-- ===== src/Tests/Sandboxes.antt =====
-- The theorems on whole handlers of sandboxes and containers at concrete inputs.
use mathlib.Core.List.{Memᴰ}
use text.Mathlib.TextEquality.{eq_iff}
use cri_containerd.Base.{List, errorf, ◌↔◌, String, ◌≡◌, refl, [], ◌∷◌, ok, arith, string_eq, some}
use cri_containerd.Cri.{ready, zero_sandbox_config, zero_config}
use cri_containerd.Map.{lookup}
use cri_containerd.Registrar.Bijection.{IsBijection}
use cri_containerd.Store.Sandbox
use cri_containerd.Containers.Create.{create_named}
use cri_containerd.Containers.Create.Outcome.{ContainerMade, create_named-ContainerMade}
use cri_containerd.Sandboxes.Query.{CriSandbox, SandboxFilter, to_cri_sandbox, filter_cri_sandboxes}
use cri_containerd.Sandboxes.Query.Filter.{Matches, filter_cri_sandboxes_exact}
use cri_containerd.Sandboxes.Run.{run_named}
use cri_containerd.Sandboxes.Run.Outcome.{SandboxRun, run_named-SandboxRun}
use cri_containerd.Sandboxes.Stop.{wait_exit}
use cri_containerd.Sandboxes.Stop.Wait.{is_exit_of, wait_exit_lem}
use cri_containerd.Service.{StreamEvent, TaskExit, exited, other}
use cri_containerd.Service.Stream.{wait_for}
use cri_containerd.Service.Stream.Delivered.{Delivered}
use cri_containerd.Sandboxes.Remove.{remove_pod_sandbox}
use cri_containerd.Sandboxes.Remove.Shrunk.{IsStored}
use cri_containerd.Sandboxes.Remove.Outcome.{SandboxRemoved, remove_pod_sandbox_outcome}
use cri_containerd.Tests.Toy.{exit_of, toy, service, pod, created_status}

-- the two indexes of one pair
one_pair-IsBijection :
    (name key : String)
    → IsBijection (record { name_to_key = (name, key) ∷ []; key_to_name = (key, name) ∷ [] })
unfolding lookup
one_pair-IsBijection name key = record {
  forward = λ n k h. ground (arith, h, eq_iff name n, eq_iff key k);
  backward = λ n k h. ground (arith, h, eq_iff name n, eq_iff key k);
}

run_named-SandboxRun_example :
    SandboxRun
      (service created_status)
      "s2"
      "pod_b"
      zero_sandbox_config
      (run_named toy zero_sandbox_config "s2" "pod_b" (service created_status))
run_named-SandboxRun_example =
    run_named-SandboxRun toy "s2" "pod_b" zero_sandbox_config (service created_status)
      (one_pair-IsBijection "pod_space_uid_0" "s1")

create_named-ContainerMade_example :
    ContainerMade
      (service created_status)
      pod
      zero_config
      "c2"
      "db"
      (create_named toy pod zero_config zero_sandbox_config "c2" "db" (service created_status))
create_named-ContainerMade_example =
    create_named-ContainerMade toy pod zero_config "c2" "db" (service created_status)
      zero_sandbox_config (one_pair-IsBijection "web_pod_space_uid_0" "c1")

service-IsStored : IsStored (service created_status)
unfolding lookup
service-IsStored = record {
  keyed = λ j c h. ground (arith, h, eq_iff "c1" j);
  backed = λ j c h. ground (arith, h, eq_iff "c1" j);
}

pod_found : Sandbox.get "s1" (service created_status).sandboxes ≡ ok pod
unfolding Sandbox.get lookup
pod_found = refl

remove_pod_sandbox_outcome_example :
    SandboxRemoved toy
      (service created_status)
      pod
      (remove_pod_sandbox toy "s1" (service created_status))
remove_pod_sandbox_outcome_example =
    remove_pod_sandbox_outcome toy "s1" pod (service created_status) service-IsStored pod_found

abbrev ready_pod : CriSandbox
ready_pod = to_cri_sandbox pod ready

abbrev only_ready : SandboxFilter
only_ready = record { id = "s1"; state = some ready; label_selector = [] }

filter_cri_sandboxes_exact_example :
    Memᴰ ready_pod (filter_cri_sandboxes (some only_ready) (ready_pod ∷ [])) ↔ (
      Memᴰ ready_pod (ready_pod ∷ [])
      × ((f : SandboxFilter) → some only_ready ≡ some f → Matches f ready_pod))
filter_cri_sandboxes_exact_example =
    filter_cri_sandboxes_exact (some only_ready) ready_pod (ready_pod ∷ [])

-- the exit of another container, something else, and the exit that is waited for
abbrev stream : List StreamEvent
stream = exited (exit_of "c1" "c1" 7) ∷ other ∷ exited (exit_of "s1" "s1" 42) ∷ []

stream_delivers : (wait_exit "s1" 42 stream (errorf "closed" []) ≡ ok tt) ↔ (
    (e : TaskExit) × (e.container_id ≡ "s1")
    × (e.pid ≡ 42)
    × Delivered (is_exit_of "s1" 42) stream e)
stream_delivers = wait_exit_lem "s1" 42 stream (errorf "closed" [])

stream_reaches_exit : wait_exit "s1" 42 stream (errorf "closed" []) ≡ ok tt
unfolding wait_exit wait_for
stream_reaches_exit = refl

----

From the material above, report how many lines contain the word "arith", giving only the number.

5